Em Bonito de Minas, maior município sem óbitos, estratégia inclui testagem de quem teve contato com infectado, ação contra fake news e até 'fiscal de fila'

Por Juliana Castro 7 Maio 2021, 16h31

Em todo o país, menos de cem municípios seguem sem óbitos pelo novo coronavírus — a imensa maioria com menos de 4.000 habitantes. VEJA fez um cruzamento entre os dados mantidos pela plataforma Brasil.io, que consolida os números dos boletins epidemiológicos emitidos pelos estados, dados divulgados pelas prefeituras e do IBGE e confirmou que todas as cidades brasileiras com mais de 10 mil habitantes já tiveram ao menos uma morte por Covid-19.

Há apenas uma exceção: Bonito de Minas, pacata cidade no norte mineiro, encravada na divisa com a Bahia, a 210 km de Montes Claros. É verdade que o fato de ao menos 70% da população de pouco mais de 11.000 pessoas ser rural atenua a propagação do vírus, mas a lição de casa foi feita desde o início. Até hoje, não houve casos graves e nenhum paciente precisou ser internado. Tudo isso só foi possível porque a administração local conseguiu envolver os cidadãos e fez ouvidos moucos a qualquer tipo de negacionismo.

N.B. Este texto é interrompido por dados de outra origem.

-- ===== src/Paths/ProjectDirs.antt =====
-- server/src/ProjectContext.cpp, and the directories of a project in server/src/Paths.h and Paths.cpp.
use utbot_cpp.Base.{Bool, not, Text, codes}
use utbot_cpp.Strings.Affixes.{is_empty}
use utbot_cpp.Paths.FilePath.{FilePath, path_string, stem, append_path, append_name}
use utbot_cpp.Paths.FileNames.{add_extension}

pub record ProjectContext : Type 0 where
  pub project_name : Text
  pub project_path : FilePath
  pub client_project_path : FilePath
  pub test_dir_rel_path : FilePath
  pub report_dir_rel_path : FilePath
  pub build_dir_rel_path : FilePath
  pub itf_rel_path : FilePath

unfoldable pub get_test_dir_abs_path : ProjectContext → FilePath
unfolding append_path
get_test_dir_abs_path ctx = append_path ctx.project_path ctx.test_dir_rel_path

unfoldable pub get_report_dir_abs_path : ProjectContext → FilePath
unfolding append_path
get_report_dir_abs_path ctx = append_path ctx.project_path ctx.report_dir_rel_path

unfoldable pub get_build_dir_abs_path : ProjectContext → FilePath
unfolding append_path
get_build_dir_abs_path ctx = append_path ctx.project_path ctx.build_dir_rel_path

unfoldable pub has_itf_path : ProjectContext → Bool
unfolding path_string
has_itf_path ctx = not (is_empty (path_string ctx.itf_rel_path))

unfoldable pub get_itf_abs_path : ProjectContext → FilePath
unfolding append_path
get_itf_abs_path ctx = append_path ctx.project_path ctx.itf_rel_path

-- Directories of the project.
unfoldable pub get_utbot_files : ProjectContext → FilePath
unfolding append_name get_build_dir_abs_path
get_utbot_files ctx = append_name (get_build_dir_abs_path ctx) (codes "utbot_files")

unfoldable pub get_utbot_build_dir : ProjectContext → FilePath
unfolding append_name get_utbot_files
get_utbot_build_dir ctx = append_name (get_utbot_files ctx) (codes "utbot_build")

unfoldable pub get_klee_out_dir : ProjectContext → FilePath
unfolding append_name get_utbot_files
get_klee_out_dir ctx = append_name (get_utbot_files ctx) (codes "klee_out")

unfoldable pub get_artifacts_root_dir : ProjectContext → FilePath
unfolding append_name get_build_dir_abs_path
get_artifacts_root_dir ctx = append_name (get_build_dir_abs_path ctx) (codes "utbot")

unfoldable pub get_gtest_results_json_path : ProjectContext → FilePath
unfolding append_name get_artifacts_root_dir
get_gtest_results_json_path ctx =
    append_name (get_artifacts_root_dir ctx) (codes "gtest-results.json")

unfoldable pub get_flags_dir : ProjectContext → FilePath
unfolding append_name get_artifacts_root_dir
get_flags_dir ctx = append_name (get_artifacts_root_dir ctx) (codes "flags")

unfoldable pub get_test_exec_dir : ProjectContext → FilePath
unfolding append_name get_artifacts_root_dir
get_test_exec_dir ctx = append_name (get_artifacts_root_dir ctx) (codes "tests")

unfoldable pub get_recompiled_dir : ProjectContext → FilePath
unfolding append_name get_utbot_build_dir
get_recompiled_dir ctx = append_name (get_utbot_build_dir ctx) (codes "recompiled")

unfoldable pub get_test_object_dir : ProjectContext → FilePath
unfolding append_name get_utbot_build_dir
get_test_object_dir ctx = append_name (get_utbot_build_dir ctx) (codes "test_objects")

unfoldable pub get_coverage_dir : ProjectContext → FilePath
unfolding append_name get_utbot_build_dir
get_coverage_dir ctx = append_name (get_utbot_build_dir ctx) (codes "coverage")

unfoldable pub get_clang_coverage_dir : ProjectContext → FilePath
unfolding append_name get_coverage_dir
get_clang_coverage_dir ctx = append_name (get_coverage_dir ctx) (codes "lcov")

unfoldable pub get_gcc_coverage_dir : ProjectContext → FilePath
unfolding append_name get_coverage_dir
get_gcc_coverage_dir ctx = append_name (get_coverage_dir ctx) (codes "gcov")

unfoldable pub get_test_executable : ProjectContext → FilePath → FilePath
unfolding append_name get_test_exec_dir stem
get_test_executable ctx file_path = append_name (get_test_exec_dir ctx) (stem file_path)

unfoldable pub get_profraw_file_path : ProjectContext → Text → FilePath
unfolding append_path get_clang_coverage_dir add_extension
get_profraw_file_path ctx test_name =
    append_path (get_clang_coverage_dir ctx) (add_extension test_name (codes ".profraw"))

unfoldable pub get_wrapper_dir_path : ProjectContext → FilePath
unfolding append_name get_test_dir_abs_path
get_wrapper_dir_path ctx = append_name (get_test_dir_abs_path ctx) (codes "wrapper")

unfoldable pub get_stubs_dir_path : ProjectContext → FilePath
unfolding append_name get_test_dir_abs_path
get_stubs_dir_path ctx = append_name (get_test_dir_abs_path ctx) (codes "stubs")
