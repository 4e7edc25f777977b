-- ===== src/Paths/Project.antt =====
-- The paths of a project's files in server/src/Paths.h and Paths.cpp.
-- `fs::relative`, which may follow links of the file system, is a parameter.
use utbot_cpp.Base.{◌++◌, [], Text, codes, if◌then◌else◌, Option, none, some}
use utbot_cpp.Strings.Affixes.{is_empty, starts_with}
use utbot_cpp.Strings.Replace.{replace_first}
use utbot_cpp.Paths.FilePath.{
  FilePath, path_of_name, path_string, filename, parent_path, stem, append_path, append_name,
  replace_extension, replace_filename,
}
use utbot_cpp.Paths.FileNames.{
  makefile_extension, test_suffix, stub_suffix, make_wrapper_suffix, add_extension, add_suffix,
  remove_suffix, add_orig_extension_as_suffix_and_add_new, restore_extension_from_suffix,
  is_sub_path_of,
}
use utbot_cpp.Paths.FileKinds.{is_source_file}
use utbot_cpp.Paths.ProjectDirs.{
  ProjectContext, get_test_dir_abs_path, get_report_dir_abs_path, get_build_dir_abs_path,
  get_utbot_build_dir, get_klee_out_dir, get_recompiled_dir, get_wrapper_dir_path,
  get_stubs_dir_path,
}

unfoldable pub create_temporary_object_file : FilePath → FilePath → FilePath
unfolding replace_extension replace_filename filename
create_temporary_object_file output source_path =
    replace_extension (replace_filename output (filename source_path)) (codes ".o")

-- Names of the files that are made for a source file.
unfoldable pub source_path_to_test_name : FilePath → Text
unfolding filename add_suffix add_orig_extension_as_suffix_and_add_new
source_path_to_test_name source =
    filename
      (add_suffix (add_orig_extension_as_suffix_and_add_new source (codes ".cpp")) test_suffix)

unfoldable pub test_path_to_source_name : FilePath → Text
unfolding filename remove_suffix restore_extension_from_suffix
test_path_to_source_name test_file_path =
    filename (restore_extension_from_suffix (remove_suffix test_file_path test_suffix) (codes ".c"))

unfoldable pub source_path_to_stub_name : FilePath → Text
unfolding filename add_suffix
source_path_to_stub_name source = filename (add_suffix source stub_suffix)

unfoldable pub get_stub_bitcode_file_path : FilePath → FilePath
unfolding add_suffix
get_stub_bitcode_file_path p = add_suffix p stub_suffix

unfoldable pub source_path_to_header_include : FilePath → FilePath
unfolding source_path_to_stub_name replace_extension path_of_name
source_path_to_header_include source =
    replace_extension (path_of_name (source_path_to_stub_name source)) (codes ".h")

unfoldable pub get_relative_path_with_shell_variable : FilePath → Text → Text → Option Text
unfolding starts_with replace_first path_string
get_relative_path_with_shell_variable variable base source =
    if starts_with source base
    then some (replace_first source base (path_string variable)).0
    else none

module _ (relative : FilePath → FilePath → FilePath) where
  unfoldable pub get_relative_dir_path : ProjectContext → FilePath → FilePath
  unfolding parent_path
  get_relative_dir_path ctx source = relative (parent_path source) ctx.project_path

  unfoldable pub klee_out_dir_for_file_path : ProjectContext → FilePath → FilePath
  unfolding append_path get_klee_out_dir add_orig_extension_as_suffix_and_add_new
  klee_out_dir_for_file_path ctx file_path =
      append_path (get_klee_out_dir ctx)
        (relative (add_orig_extension_as_suffix_and_add_new file_path []) ctx.project_path)

  unfoldable pub klee_out_dir_for_entrypoints : ProjectContext → FilePath → Text → FilePath
  unfolding append_name klee_out_dir_for_file_path filename add_orig_extension_as_suffix_and_add_new
  klee_out_dir_for_entrypoints ctx src_file_path method_name =
      append_name (klee_out_dir_for_file_path ctx src_file_path) (
        codes "klee_out_"
        ++ (if is_empty method_name
            then filename (add_orig_extension_as_suffix_and_add_new src_file_path [])
            else method_name))

  unfoldable pub get_makefile_dir : ProjectContext → FilePath → FilePath
  unfolding append_path append_name get_test_dir_abs_path get_relative_dir_path
  get_makefile_dir ctx source =
      append_path (append_name (get_test_dir_abs_path ctx) (codes "makefiles"))
        (get_relative_dir_path ctx source)

  unfoldable pub get_path_dir_relative_to_test_dir : ProjectContext → FilePath → FilePath
  unfolding append_path get_test_dir_abs_path get_relative_dir_path
  get_path_dir_relative_to_test_dir ctx source =
      append_path (get_test_dir_abs_path ctx) (get_relative_dir_path ctx source)

  unfoldable pub get_path_dir_relative_to_report_dir : ProjectContext → FilePath → FilePath
  unfolding append_path get_report_dir_abs_path get_relative_dir_path
  get_path_dir_relative_to_report_dir ctx source =
      append_path (get_report_dir_abs_path ctx) (get_relative_dir_path ctx source)

  unfoldable pub get_path_dir_relative_to_build_dir : ProjectContext → FilePath → FilePath
  unfolding parent_path get_utbot_build_dir
  get_path_dir_relative_to_build_dir ctx source =
      relative (parent_path source) (get_utbot_build_dir ctx)

  unfoldable pub get_generated_header_path : ProjectContext → FilePath → FilePath
  unfolding append_path get_path_dir_relative_to_test_dir replace_extension source_path_to_test_name
      path_of_name
  get_generated_header_path ctx source =
      append_path (get_path_dir_relative_to_test_dir ctx source)
        (replace_extension (path_of_name (source_path_to_test_name source)) (codes ".h"))

  unfoldable pub get_recompiled_file : ProjectContext → FilePath → FilePath
  unfolding append_path get_recompiled_dir is_source_file add_extension path_string
      get_build_dir_abs_path
  get_recompiled_file ctx file_path = append_path (get_recompiled_dir ctx) (
      if is_source_file file_path
      then add_extension (path_string (relative file_path ctx.project_path)) (codes ".o")
      else relative file_path (get_build_dir_abs_path ctx))

  unfoldable pub get_build_file_path : ProjectContext → FilePath → FilePath
  unfolding append_path append_name get_utbot_build_dir get_relative_dir_path filename add_extension
      path_string
  get_build_file_path ctx source =
      add_extension
        (path_string (
          append_name (append_path (get_utbot_build_dir ctx) (get_relative_dir_path ctx source))
            (filename source)))
        (codes ".o")

  unfoldable pub get_stub_build_file_path : ProjectContext → FilePath → FilePath
  unfolding append_path append_name get_utbot_build_dir get_relative_dir_path
      source_path_to_stub_name add_extension path_string
  get_stub_build_file_path ctx source =
      add_extension
        (path_string (
          append_name (append_path (get_utbot_build_dir ctx) (get_relative_dir_path ctx source))
            (source_path_to_stub_name source)))
        (codes ".o")

  unfoldable pub get_wrapper_file_path : ProjectContext → FilePath → FilePath
  unfolding append_path get_wrapper_dir_path get_relative_dir_path filename add_suffix path_of_name
  get_wrapper_file_path ctx source =
      append_path (append_path (get_wrapper_dir_path ctx) (get_relative_dir_path ctx source))
        (add_suffix (path_of_name (filename source)) make_wrapper_suffix)

  unfoldable pub source_path_to_test_path : ProjectContext → FilePath → FilePath
  unfolding append_path append_name get_test_dir_abs_path get_relative_dir_path
      source_path_to_test_name
  source_path_to_test_path ctx source =
      append_name (append_path (get_test_dir_abs_path ctx) (get_relative_dir_path ctx source))
        (source_path_to_test_name source)

  unfoldable pub source_path_to_stub_path : ProjectContext → FilePath → FilePath
  unfolding append_path append_name get_test_dir_abs_path get_relative_dir_path
      source_path_to_stub_name
  source_path_to_stub_path ctx source =
      append_name
        (append_path (append_name (get_test_dir_abs_path ctx) (codes "stubs"))
          (get_relative_dir_path ctx source))
        (source_path_to_stub_name source)

  unfoldable pub source_path_to_stub_header_path : ProjectContext → FilePath → FilePath
  unfolding replace_extension source_path_to_stub_path
  source_path_to_stub_header_path ctx source =
      replace_extension (source_path_to_stub_path ctx source) (codes ".h")

  unfoldable pub test_path_to_source_path : ProjectContext → FilePath → FilePath
  unfolding append_path append_name parent_path get_test_dir_abs_path test_path_to_source_name
  test_path_to_source_path ctx test_file_path =
      append_name
        (append_path ctx.project_path
          (relative (parent_path test_file_path) (get_test_dir_abs_path ctx)))
        (test_path_to_source_name test_file_path)

  -- The source file, and the file of its tests.
  unfoldable pub get_source_and_test_path : ProjectContext → FilePath → FilePath × FilePath
  unfolding is_sub_path_of get_test_dir_abs_path test_path_to_source_path source_path_to_test_path
  get_source_and_test_path ctx file_path =
      if is_sub_path_of (get_test_dir_abs_path ctx) file_path
      then (test_path_to_source_path ctx file_path, file_path)
      else (file_path, source_path_to_test_path ctx file_path)

  -- The path that `addSuffix` returns is not used.
  unfoldable pub get_makefile_path_from_source_file_path :
      ProjectContext → FilePath → Text → FilePath
  unfolding append_name get_makefile_dir replace_extension filename
  get_makefile_path_from_source_file_path ctx source suffix =
      append_name (get_makefile_dir ctx source)
        (filename (replace_extension source makefile_extension))

  unfoldable pub get_stubs_makefile_path : ProjectContext → FilePath → FilePath
  unfolding append_path get_makefile_dir add_extension add_suffix path_of_name path_string stem
  get_stubs_makefile_path ctx source = append_path (get_makefile_dir ctx source) (
      add_extension (path_string (add_suffix (path_of_name (stem source)) stub_suffix))
        makefile_extension)

  unfoldable pub stub_path_to_source_path : ProjectContext → FilePath → FilePath
  unfolding append_path get_stubs_dir_path remove_suffix
  stub_path_to_source_path ctx stub_path =
      remove_suffix (append_path ctx.project_path (relative stub_path (get_stubs_dir_path ctx)))
        stub_suffix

Vista da cidade de Bonito de Minas, onde 70% da população mora na zona rural
Vista da cidade de Bonito de Minas, onde 70% da população mora na zona rural ./Divulgação

As estratégias são diversas e não envolvem apenas profissionais da saúde. No coração de todo o plano, está um comitê interdisciplinar que discute medidas de prevenção quase diariamente. A cidade é dividida por cinco zonas e tem equipes de profissionais de saúde que fazem visitas aos domicílios. Aproveitam o ensejo e conscientizam as famílias.

Como contenção, assim que um caso é confirmado, todas as pessoas que tiveram contato com o infectado são isoladas, testadas e monitoradas com lupa. A cidade tem três Unidades Básicas de Saúde — na sede e duas na zona rural. Mas todos os casos de síndromes virais vão para um único comitê habilitado a agir nos casos de Covid-19. Bonito de Minas registrou 47 casos desde o início da pandemia e já vacinou 1.915 habitantes com a primeira dose e 634 com as duas doses.

‘Fiscal de fila’

Se houver alta no contágio, Bonito de Minas fecha o comércio. Nos primeiros dias do mês, quando é comum a população rural ir à sede do município e os bancos ficam mais cheios, uma espécie de “fiscal de fila” acompanha o movimento e se certifica de que o distanciamento é seguido à risca. São quatorze deles, que também percorrem os estabelecimentos – mais com o objetivo de conscientizar do que de punir. Aos poucos, a população identificou esses cuidados e incorporou-os à sua própria dinâmica. “Aqui a gente está conseguindo envolver a sociedade e isso é um diferencial”, afirmou a prefeita Vânia Carneiro (Avante).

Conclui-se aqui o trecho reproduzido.